To conclude, it is well-established that drugs supported by human genetic evidence have a higher approval rate [7]. Consider how many potential new drugs, treatments, and insights into human history we might be missing out on by not including diverse populations in our studies.
Thank you for reading. In the next post, I will focus more on practical aspects rather than philosophical considerations.

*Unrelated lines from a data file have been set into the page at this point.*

-- ===== src/Sync/BlockSync/Chunks.antt =====
-- runtime/pullrun-sync/src/block_sync.rs: the chunks of a blob, put together again.
use pullrun.Base.{
  ℕ, zero, suc, ◌+◌, ◌-◌, ◌≤◌, ◌<◌, ◌≡◌, ◌≢◌, refl, sym, ap, ◌∙◌, inl, inr, Option, some, List, [],
  ◌∷◌, ◌++◌, append_assoc, append-nil, arith, leb, Bool-cases, leb→le, leb→lt, lt→ltb, le→ltb,
  le→leb, length, length-drop, take, drop,
}
use pullrun.Base.Words.{Bytes}
use pullrun.Store.Digest.{Digest, from_hex}
use pullrun.Sync.BlockSync.{
  BlobChunk, chunk_size, chunk_end, chunk_at, send_loop, send_blob, get_blobs,
}
use pullrun.Sync.Puller.{
  Stream, ended, messages, gives, collect, nonempty, nonempty_of, try_fetch_from_peer,
}

chunk_size-pos : 0 < chunk_size
unfolding chunk_size
chunk_size-pos = omega arith

take-all : (n : ℕ) (xs : Bytes) → length xs ≤ n → take n xs ≡ xs
take-all zero [] h = refl
take-all zero (x ∷ xs) h = absurd (omega arith)
take-all (suc n) [] h = refl
take-all (suc n) (x ∷ xs) h = ap (◌∷◌ x) (take-all n xs (omega arith))

take-drop : (n : ℕ) (xs : Bytes) → take n xs ++ drop n xs ≡ xs
take-drop zero xs = refl
take-drop (suc n) [] = refl
take-drop (suc n) (x ∷ xs) = ap (◌∷◌ x) (take-drop n xs)

drop-nil : (k : ℕ) → drop {A = ℕ} k [] ≡ []
drop-nil zero = refl
drop-nil (suc k) = refl

drop-drop : (m n : ℕ) (xs : Bytes) → drop n (drop m xs) ≡ drop (m + n) xs
drop-drop zero n xs = let e : 0 + n ≡ n = omega arith in rw e
drop-drop (suc m) n [] = let e : suc m + n ≡ suc (m + n) = omega arith in rw e (drop-nil n)
drop-drop (suc m) n (x ∷ xs) =
    let e : suc m + n ≡ suc (m + n) = omega arith in rw e (drop-drop m n xs)

-- The part of a blob from one offset on, its first chunk and the later ones.
chunk-append :
    (a b : ℕ) (body : Bytes) → a ≤ b → take (b - a) (drop a body) ++ drop b body ≡ drop a body
chunk-append a b body h =
    let e : a + (b - a) ≡ b = omega arith in
    let d : drop (b - a) (drop a body) ≡ drop b body =
      drop-drop a (b - a) body ∙ ap (λ (n : ℕ). drop n body) e in
    ap (λ (xs : Bytes). take (b - a) (drop a body) ++ xs) (sym d) ∙ take-drop (b - a) (drop a body)

-- What a sender's chunks are worth to a receiver that holds `acc`, whatever follows them.
record Sent (n : ℕ) (digest body : Bytes) (offset : ℕ) : Type 0 where
  chunks : List BlobChunk
  sent : send_loop n digest body offset ≡ some chunks
  received :
      (acc : Bytes) (rest : Stream)
      → collect (messages chunks rest) acc ≡ gives (some (acc ++ drop offset body))

last-chunk :
    (n : ℕ) (digest body : Bytes) (offset : ℕ)
    → offset < length body
    → length body ≤ chunk_end offset body
    → length body ≤ n + offset
    → Sent (suc n) digest body offset
unfolding send_loop collect
last-chunk zero digest body offset h l fuel = absurd (omega (arith, h, fuel))
last-chunk (suc n) digest body offset h l fuel =
    let all : take (chunk_end offset body - offset) (drop offset body) ≡ drop offset body =
      take-all (chunk_end offset body - offset) (drop offset body)
        (omega (arith, length-drop offset body, l)) in
    record {
      chunks = chunk_at digest body offset ∷ [];
      sent = rw (lt→ltb offset (length body) h, le→ltb (chunk_end offset body) (length body) l);
      received = λ acc rest. rw (le→leb (length body) (chunk_end offset body) l, all);
    }

send_loop-Sent :
    (n : ℕ) (digest body : Bytes) (offset : ℕ)
    → offset < length body
    → length body ≤ n + offset
    → Sent (suc n) digest body offset
unfolding send_loop collect
send_loop-Sent zero digest body offset h fuel = absurd (omega (arith, h, fuel))
send_loop-Sent (suc n) digest body offset h fuel =
    elim (Bool-cases (leb (length body) (chunk_end offset body))) [
      | inl l ↦ last-chunk (suc n) digest body offset h (leb→le _ _ l) fuel
      | inr more ↦
          let next : chunk_end offset body < length body = leb→lt _ _ more in
          let r =
            send_loop-Sent n digest body (chunk_end offset body) next
              (omega (arith, chunk_size-pos, next, fuel)) in
          record {
            chunks = chunk_at digest body offset ∷ r.chunks;
            sent = rw (lt→ltb offset (length body) h, r.sent);
            received = λ acc rest. rw (
              more,
              r.received (acc ++ take (chunk_end offset body - offset) (drop offset body)) rest,
              append_assoc,
              chunk-append offset (chunk_end offset body) body
                  (omega (arith, chunk_size-pos, next)),
            );
          }
    ]

nonempty-some : (body : Bytes) → body ≢ [] → nonempty (some body) ≡ some body
nonempty-some [] h = absurd (h refl)
nonempty-some (b ∷ bs) h = refl

positive : (body : Bytes) → body ≢ [] → 0 < length body
positive [] h = absurd (h refl)
positive (b ∷ bs) h = omega arith

-- A node that holds a nonempty blob answers a request for it with chunks that the other side puts
-- together to the blob; the rounds of the loop are enough for every length.
pub fetch-get_blobs :
    (hex_decode : Bytes → Option Bytes) (get_blob : Digest → Option Bytes) (digest : Bytes)
    (d : Digest) (body : Bytes)
    → from_hex hex_decode digest ≡ some d
    → get_blob d ≡ some body
    → body ≢ []
    → (chunks : List BlobChunk) × (get_blobs hex_decode get_blob (digest ∷ []) ≡ some chunks)
      × (try_fetch_from_peer (some (messages chunks ended)) ≡ gives (some body))
unfolding get_blobs send_blob try_fetch_from_peer
fetch-get_blobs hex_decode get_blob digest d body p g ne =
    let r = send_loop-Sent (length body) digest body 0 (positive body ne) (omega arith) in
    (
      r.chunks,
      rw (p, g, r.sent, append-nil),
      ap nonempty_of (r.received [] ended) ∙ ap gives (nonempty-some body ne),
    )
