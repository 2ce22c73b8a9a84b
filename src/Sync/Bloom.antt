-- ===== src/Sync/Bloom.antt =====
-- runtime/pullrun-sync/src/bloom.rs: `BloomFilter`. A result of `none` is a panic: an index out of
-- bounds, a remainder by zero, or a failed `assert_eq!`. `sha256` is the hash of the `sha2` crate.
pub mod Member
pub mod Merge
pub mod Wire
use Prim.Native.Nat.{bit_and, bit_or}
use pullrun.Base.{
  ℕ, zero, suc, ◌+◌, ◌*◌, ◌/◌, ◌%◌, ◌^◌, ◌≤◌, ◌<◌, ◌≡◌, max, Bool, true, false, ◌&&◌, Option, none,
  some, List, [], ◌∷◌, ◌++◌, ltb, ◌==◌, if◌then◌else◌, length, take, drop, replicate,
}
use pullrun.Base.Words.{Bytes, u32_mod, u64_mod}

pub record BloomFilter : Type 0 where
  pub bits : List ℕ
  pub k : ℕ
  pub m : ℕ
  pub num_items : ℕ

infixl 5 ◌>>=◌
abbrev pub ◌>>=◌ : {A B : Type 0} → Option A → (A → Option B) → Option B
none >>= f = none
some a >>= f = f a

abbrev pub word_count : ℕ → ℕ
word_count m = (m + 63) / 64

unfoldable pub new : ℕ → ℕ → BloomFilter
new m k = record { bits = replicate (word_count m) 0; k = k; m = m; num_items = 0 }

-- `to_le_bytes` and `from_le_bytes` of a word of `n` bytes.
unfoldable pub to_le : ℕ → ℕ → Bytes
to_le zero w = []
to_le (suc n) w = w % 256 ∷ to_le n (w / 256)

unfoldable pub from_le : Bytes → ℕ
from_le [] = 0
from_le (b ∷ bs) = b + 256 * from_le bs

-- `h1.wrapping_add(i as u64).wrapping_mul(h2) % m`
unfoldable pub g_i : ℕ → ℕ → ℕ → ℕ → Option ℕ
g_i h1 h2 i m = if m == 0 then none else some ((h1 + i) % u64_mod * h2 % u64_mod % m)

unfoldable pub read_word : List ℕ → ℕ → Option ℕ
read_word [] i = none
read_word (w ∷ ws) zero = some w
read_word (w ∷ ws) (suc i) = read_word ws i

-- `bits[word] |= 1u64 << offset`
unfoldable pub set_bit : List ℕ → ℕ → ℕ → Option (List ℕ)
set_bit [] i offset = none
set_bit (w ∷ ws) zero offset = some (bit_or w (2 ^ offset) ∷ ws)
set_bit (w ∷ ws) (suc i) offset = do ws' ← set_bit ws i offset; some (w ∷ ws')

-- The loop over `i..k`, for the rounds that are left.
unfoldable pub insert_loop : ℕ → ℕ → ℕ → ℕ → ℕ → List ℕ → Option (List ℕ)
insert_loop zero i h1 h2 m bits = some bits
insert_loop (suc n) i h1 h2 m bits = do
  b ← g_i h1 h2 i m
  bits' ← set_bit bits (b / 64) (b % 64)
  insert_loop n (i + 1) h1 h2 m bits'

-- The other rounds run only where the bit is set.
unfoldable pub contains_loop : ℕ → ℕ → ℕ → ℕ → ℕ → List ℕ → Option Bool
contains_loop zero i h1 h2 m bits = some true
contains_loop (suc n) i h1 h2 m bits = do
  b ← g_i h1 h2 i m
  w ← read_word bits (b / 64)
  if bit_and w (2 ^ (b % 64)) == 0 then some false else contains_loop n (i + 1) h1 h2 m bits

module _ (sha256 : Bytes → Bytes) where
  unfoldable pub hash_seed : Bytes → ℕ → ℕ
  hash_seed item seed = from_le (take 8 (sha256 (item ++ to_le 8 seed)))

  unfoldable pub insert : Bytes → BloomFilter → Option BloomFilter
  insert item f = do
    bits ← insert_loop f.k 0 (hash_seed item 0) (hash_seed item 1) f.m f.bits
    some (record f { bits = bits; num_items = f.num_items + 1 })

  unfoldable pub contains : BloomFilter → Bytes → Option Bool
  contains f item = contains_loop f.k 0 (hash_seed item 0) (hash_seed item 1) f.m f.bits

unfoldable pub merge_words : List ℕ → List ℕ → List ℕ
merge_words [] ys = []
merge_words (x ∷ xs) [] = x ∷ xs
merge_words (x ∷ xs) (y ∷ ys) = bit_or x y ∷ merge_words xs ys

unfoldable pub merge : BloomFilter → BloomFilter → Option BloomFilter
merge f g =
    if (length f.bits == length g.bits) && (f.k == g.k)
    then some
        (record f { bits = merge_words f.bits g.bits; num_items = max f.num_items g.num_items })
    else none

unfoldable pub words_to_bytes : List ℕ → Bytes
words_to_bytes [] = []
words_to_bytes (w ∷ ws) = to_le 8 w ++ words_to_bytes ws

unfoldable pub to_bytes : BloomFilter → Bytes
to_bytes f = to_le 8 f.m ++ (to_le 4 f.k ++ words_to_bytes f.bits)

-- Words of eight bytes each, from bytes that are known to be enough.
unfoldable pub words_from_bytes : ℕ → Bytes → List ℕ
words_from_bytes zero bs = []
words_from_bytes (suc n) bs = from_le (take 8 bs) ∷ words_from_bytes n (drop 8 bs)

unfoldable pub parse_filter : ℕ → ℕ → Bytes → Option (BloomFilter × ℕ)
parse_filter m k bs =
    let expected : ℕ = 12 + word_count m * 8 in
    if ltb (length bs) expected
    then none
    else some (
      record { bits = words_from_bytes (word_count m) (drop 12 bs); k = k; m = m; num_items = 0 },
      expected,
    )

-- Here `none` is the `None` of the code.
unfoldable pub from_bytes : Bytes → Option (BloomFilter × ℕ)
from_bytes bs =
    if ltb (length bs) 12
    then none
    else parse_filter (from_le (take 8 bs)) (from_le (take 4 (drop 8 bs))) bs

unfoldable pub clear : BloomFilter → BloomFilter
clear f = record f { bits = replicate (length f.bits) 0; num_items = 0 }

P.S.: I prefer not to use the term “race” to describe ancestry or populations (white, african, etc). According to the NIH Curriculum Supplement Series, the genetic variation between any two humans is about 0.1% [8], so we do not have genetic differences to have more than one “race” in Homo sapiens. In my view, using the term “race” can be harmful and may be misused by some to claim superiority.
P.S.2: It is my first post in forum/blog. So I edited the post 3x until now. If I edit again, I will update here.
[1] J. Lachance. Hardy–Weinberg Equilibrium and Random Mating. Encyclopedia of Evolutionary Biology, Academic Press, 2016, Pages 208-211, ISBN 9780128004265, Redirecting.
[2] Mendes M, Alvim I, Borda V, Tarazona-Santos E. The history behind the mosaic of the Americas. Curr Opin Genet Dev. 2020 Jun;62:72-77. doi: 10.1016/j.gde.2020.06.007. Epub 2020 Jul 10. PMID: 32659643.
[3] David Eltis, ‘A Brief Overview of the Trans-Atlantic Slave Trade,’ Slave Voyages: The Trans-Atlantic Slave Trade Database, Trans-Atlantic Slave Trade - Understanding the Database (accessed September 05, 2024).
[4] Sirugo G, Williams SM, Tishkoff SA. The Missing Diversity in Human Genetic Studies. Cell. 2019 Mar 21;177(1):26-31. doi: 10.1016/j.cell.2019.02.048. Erratum in: Cell. 2019 May 2;177(4):1080. doi: 10.1016/j.cell.2019.04.032. PMID: 30901543; PMCID: PMC7380073.
[5] Scliar MO, Sant’Anna HP, Santolalla ML, Leal TP et al. Admixture/fine-mapping in Brazilians reveals a West African associated potential regulatory variant (rs114066381) with a strong female-specific effect on body mass and fat mass indexes. Int J Obes (Lond). 2021 May;45(5):1017-1029. doi: 10.1038/s41366-021-00761-1. Epub 2021 Feb 26. PMID: 33633342; PMCID: PMC9952852.
[6] Rizig M, Bandres-Ciga S, Makarious MB, Ojo OO et al. Identification of genetic risk loci and causal insights associated with Parkinson’s disease in African and African admixed populations: a genome-wide association study. Lancet Neurol. 2023 Nov;22(11):1015-1025. doi: 10.1016/S1474-4422(23)00283-1. Epub 2023 Aug 23. PMID: 37633302; PMCID: PMC10593199.
[7] Minikel EV, Painter JL, Dong CC, Nelson MR. Refining the impact of genetic evidence on clinical success. Nature. 2024 May;629(8012):624-629. doi: 10.1038/s41586-024-07316-0. Epub 2024 Apr 17. PMID: 38632401; PMCID: PMC11096124.
[8] National Institutes of Health (U.S.). NIH Curriculum Supplement Series. [Bethesda, Md.] :The Institutes, 2007.